▸ **Task requirements**: Stop after the line that contains "keeps : (i j"; until then, restate each line of the entries word for word from the very first.

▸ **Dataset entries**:
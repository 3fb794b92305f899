-- ===== src/Staging/UnionFind/Classes.antt =====
-- The corner classes of src/builder/tile_staging.cpp against the relation that the pairs generate.
use lunar_terrain_builder.Base.{
  ℕ, zero, suc, ◌+◌, ◌<◌, ◌≤◌, ◌≡◌, ◌⊎◌, ◌↔◌, ◌∙◌, inl, inr, refl, sym, ap, subst, arith, some,
  List, [], ◌∷◌, length, get_or, All, some-injective,
}
use mathlib.Core.List.{Memᴰ}
use mathlib.Core.List.Memᴰ.{head, tail}
use lunar_terrain_builder.Staging.UnionFind.{iota, unite_all, corner_classes, root_of}
use lunar_terrain_builder.Staging.UnionFind.Roots.{
  HasRoot, IsDown, HasRoot_exists, HasRoot_own, HasRoot_unique, find_root-KeepsRoots,
}
use lunar_terrain_builder.Staging.UnionFind.Link.{
  merged, merged_cases, merged_ends, MergesRoots, unite-MergesRoots,
}

-- The least equivalence relation that holds between the two nodes of each pair.
pub data Joined (pairs : List (ℕ × ℕ)) : ℕ → ℕ → Type 0 where
  listed : {i j : ℕ} → Memᴰ (i, j) pairs → Joined pairs i j
  same : {i j : ℕ} → i ≡ j → Joined pairs i j
  back : {i j : ℕ} → Joined pairs i j → Joined pairs j i
  through : {i j k : ℕ} → Joined pairs i j → Joined pairs j k → Joined pairs i k

-- Two nodes below the same root.
SameRoot : List ℕ → ℕ → ℕ → Type 0
SameRoot parents i j = (r : ℕ) × HasRoot parents i r × HasRoot parents j r

unfoldable pub IsInside : ℕ → ℕ × ℕ → Type 0
IsInside n pair = (pair.0 < n) × (pair.1 < n)

-- What `unite_all` does to the parents it starts with.
record UnitesAll (n : ℕ) (pairs : List (ℕ × ℕ)) (R : ℕ → ℕ → Type 0) (parents out : List ℕ)
    : Type 0 where
  down : IsDown out
  size : length out ≡ n
  keeps : (i j : ℕ) → SameRoot parents i j → SameRoot out i j
  joins : (i j : ℕ) → Memᴰ (i, j) pairs → SameRoot out i j
  sound : (i r : ℕ) → i < n → HasRoot out i r → R i r

MergesRoots-SameRoot :
    {parents out : List ℕ} {a b : ℕ} (i j : ℕ)
    → MergesRoots parents out a b
    → SameRoot parents i j
    → SameRoot out i j
unfolding SameRoot
MergesRoots-SameRoot {a} {b} i j m (r, at_i, at_j) =
    (merged a b r, m.roots i r at_i, m.roots j r at_j)

-- Over all the pairs: a relation that holds between each node and its root, and between the nodes of
-- each pair, holds behind `unite`.
module _ (all : List (ℕ × ℕ)) (n : ℕ) where
  merged-Joined :
      {a b : ℕ} (first second : ℕ)
      → Joined all first second
      → Joined all first a
      → Joined all second b
      → (i r s : ℕ) → Joined all i r
      → s ≡ merged a b r
      → Joined all i s
  merged-Joined {a} {b} first second fs fa sb i r s ir e =
      let a_b : Joined all a b = through (back fa) (through fs sb) in
      elim (merged_cases a b r) [
        | inl f ↦ subst (Joined all i) (sym (e ∙ f)) ir
        | inr (inl (h, f)) ↦ through ir (through (same h) (through (back a_b) (same (sym (e ∙ f)))))
        | inr (inr (h, f)) ↦ through ir (through (same h) (through a_b (same (sym (e ∙ f)))))
      ]

  unite_all-UnitesAll :
      (pairs : List (ℕ × ℕ)) (parents : List ℕ)
      → All (IsInside n) pairs
      → ((i j : ℕ) → Memᴰ (i, j) pairs → Memᴰ (i, j) all)
      → IsDown parents
      → length parents ≡ n
      → ((i r : ℕ) → i < n → HasRoot parents i r → Joined all i r)
      → (out : List ℕ) × (unite_all parents pairs ≡ some out)
        × UnitesAll n pairs (Joined all) parents out
  unfolding unite_all IsInside SameRoot
  unite_all-UnitesAll [] parents inside sub down size sound = (
    parents,
    refl,
    record {
      down = down;
      size = size;
      keeps = λ i j s. s;
      joins = λ i j m. elim m [ ];
      sound = sound;
    },
  )
  unite_all-UnitesAll ((first, second) ∷ pairs) parents inside sub down size sound =
      let ((h1, h2), rest) = inside in
      let (a, b, next, e, at_a, at_b, m) =
        unite-MergesRoots parents first second down (omega (arith, h1, size))
          (omega (arith, h2, size)) in
      let joined : (i r : ℕ) → i < n → HasRoot next i r → Joined all i r = λ i r hi d.
        let (r0, _, at) = HasRoot_exists i parents i down (omega arith) in
        merged-Joined first second (listed (sub first second (head refl))) (sound first a h1 at_a)
          (sound second b h2 at_b) i r0 r (sound i r0 hi at) (HasRoot_unique d (m.roots i r0 at)) in
      let (out, done, u) =
        unite_all-UnitesAll pairs next rest (λ i j p. sub i j (tail p)) m.down (m.size ∙ size)
          joined in
      (
        out,
        rw e done,
        record {
          down = u.down;
          size = u.size;
          keeps = λ i j s. u.keeps i j (MergesRoots-SameRoot i j m s);
          joins = λ i j p. elim p [
            | head f ↦
                subst (λ q. SameRoot out q.0 q.1) (sym f)
                  (u.keeps first second (
                    merged a b b,
                    subst (HasRoot next first) (merged_ends a b) (m.roots first a at_a),
                    m.roots second b at_b,
                  ))
            | tail q ↦ u.joins i j q
          ];
          sound = u.sound;
        },
      )

get_or-iota : (n value i : ℕ) → i < n → get_or (iota n value) i 0 ≡ value + i
unfolding iota
get_or-iota zero value i h = absurd (omega (arith, h))
get_or-iota (suc n) value zero h = omega arith
get_or-iota (suc n) value (suc i) h = omega (arith, get_or-iota n (suc value) i (omega (arith, h)))

get_or-beyond : (n value i : ℕ) → n ≤ i → get_or (iota n value) i 0 ≡ 0
unfolding iota
get_or-beyond zero value i h = refl
get_or-beyond (suc n) value zero h = absurd (omega (arith, h))
get_or-beyond (suc n) value (suc i) h = get_or-beyond n (suc value) i (omega (arith, h))

length-iota : (n value : ℕ) → length (iota n value) ≡ n
unfolding iota
length-iota zero value = refl
length-iota (suc n) value = ap suc (length-iota n (suc value))

below_or_not : (a b : ℕ) → (a < b) ⊎ (b ≤ a)
below_or_not a b = ground arith

iota-IsDown : (n : ℕ) → IsDown (iota n 0)
iota-IsDown n i = elim (below_or_not i n) [
  | inl h ↦ omega (arith, get_or-iota n 0 i h)
  | inr h ↦ omega (arith, get_or-beyond n 0 i h)
]

iota-HasRoot : (n i r : ℕ) → i < n → HasRoot (iota n 0) i r → i ≡ r
iota-HasRoot n i r h d = sym (HasRoot_own d (omega (arith, get_or-iota n 0 i h)))

Joined-SameRoot :
    (out : List ℕ) {pairs : List (ℕ × ℕ)} {i j : ℕ}
    → IsDown out
    → ((i j : ℕ) → Memᴰ (i, j) pairs → SameRoot out i j)
    → Joined pairs i j
    → SameRoot out i j
unfolding SameRoot
Joined-SameRoot out {i} {j} down joins (listed p) = joins i j p
Joined-SameRoot out {i} down joins (same e) =
    let (r, _, at) = HasRoot_exists i out i down (omega arith) in
    (r, at, subst (λ n. HasRoot out n r) e at)
Joined-SameRoot out down joins (back d) =
    let (r, at_j, at_i) = Joined-SameRoot out down joins d in (r, at_i, at_j)
Joined-SameRoot out {i} {j} down joins (through {k = k} d d') =
    let (r, at_i, at) = Joined-SameRoot out down joins d in
    let (s, at', at_j) = Joined-SameRoot out down joins d' in
    (r, at_i, subst (HasRoot out j) (HasRoot_unique at' at) at_j)

root_of-HasRoot :
    (parents : List ℕ) (i : ℕ)
    → IsDown parents
    → i < length parents
    → (r : ℕ) × (root_of parents i ≡ some r) × HasRoot parents i r
unfolding root_of
root_of-HasRoot parents i down inside =
    let (r, out, e, at, _) = find_root-KeepsRoots parents i down inside in (r, rw e refl, at)

-- For pairs of nodes below `n`, `corner_classes` ends with `n` parents, `root_of` then ends for every
-- node below `n`, and it finds the same root for two such nodes exactly where the equivalence relation
-- that the pairs generate holds between them.
pub corner_classes-Joined :
    (n : ℕ) (pairs : List (ℕ × ℕ))
    → All (IsInside n) pairs
    → (out : List ℕ) × (corner_classes n pairs ≡ some out)
      × (length out ≡ n)
      × ((i : ℕ) → i < n → (r : ℕ) × (root_of out i ≡ some r))
      × ((i j : ℕ) → i < n → j < n → (root_of out i ≡ root_of out j) ↔ Joined pairs i j)
unfolding corner_classes SameRoot
corner_classes-Joined n pairs inside =
    let (out, e, u) =
      unite_all-UnitesAll pairs n pairs (iota n 0) inside (λ i j p. p) (iota-IsDown n)
        (length-iota n 0) (λ i r h d. same (iota-HasRoot n i r h d)) in
    (
      out,
      e,
      u.size,
      λ i h. let (r, f, _) = root_of-HasRoot out i u.down (omega (arith, h, u.size)) in (r, f),
      λ i j h h'.
          let (r, f, at) = root_of-HasRoot out i u.down (omega (arith, h, u.size)) in
          let (s, g, at') = root_of-HasRoot out j u.down (omega (arith, h', u.size)) in
          (
            λ eq.
                through (u.sound i r h at) (
                  through (same (some-injective r s (sym f ∙ eq ∙ g))) (back (u.sound j s h' at'))),
            λ d.
                let (t, a, b) = Joined-SameRoot out u.down u.joins d in
                f ∙ ap some (HasRoot_unique at a ∙ HasRoot_unique b at') ∙ sym g,
          ),
    )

▸ **Answer**:
repository 3fb794b92305f899
-- ===== src/Staging/UnionFind/Classes.antt =====
-- The corner classes of src/builder/tile_staging.cpp against the relation that the pairs generate.
use lunar_terrain_builder.Base.{
  ℕ, zero, suc, ◌+◌, ◌<◌, ◌≤◌, ◌≡◌, ◌⊎◌, ◌↔◌, ◌∙◌, inl, inr, refl, sym, ap, subst, arith, some,
  List, [], ◌∷◌, length, get_or, All, some-injective,
}
use mathlib.Core.List.{Memᴰ}
use mathlib.Core.List.Memᴰ.{head, tail}
use lunar_terrain_builder.Staging.UnionFind.{iota, unite_all, corner_classes, root_of}
use lunar_terrain_builder.Staging.UnionFind.Roots.{
  HasRoot, IsDown, HasRoot_exists, HasRoot_own, HasRoot_unique, find_root-KeepsRoots,
}
use lunar_terrain_builder.Staging.UnionFind.Link.{
  merged, merged_cases, merged_ends, MergesRoots, unite-MergesRoots,
}

-- The least equivalence relation that holds between the two nodes of each pair.
pub data Joined (pairs : List (ℕ × ℕ)) : ℕ → ℕ → Type 0 where
  listed : {i j : ℕ} → Memᴰ (i, j) pairs → Joined pairs i j
  same : {i j : ℕ} → i ≡ j → Joined pairs i j
  back : {i j : ℕ} → Joined pairs i j → Joined pairs j i
  through : {i j k : ℕ} → Joined pairs i j → Joined pairs j k → Joined pairs i k

-- Two nodes below the same root.
SameRoot : List ℕ → ℕ → ℕ → Type 0
SameRoot parents i j = (r : ℕ) × HasRoot parents i r × HasRoot parents j r

unfoldable pub IsInside : ℕ → ℕ × ℕ → Type 0
IsInside n pair = (pair.0 < n) × (pair.1 < n)

-- What `unite_all` does to the parents it starts with.
record UnitesAll (n : ℕ) (pairs : List (ℕ × ℕ)) (R : ℕ → ℕ → Type 0) (parents out : List ℕ)
    : Type 0 where
  down : IsDown out
  size : length out ≡ n
  keeps : (i j : ℕ) → SameRoot parents i j → SameRoot out i j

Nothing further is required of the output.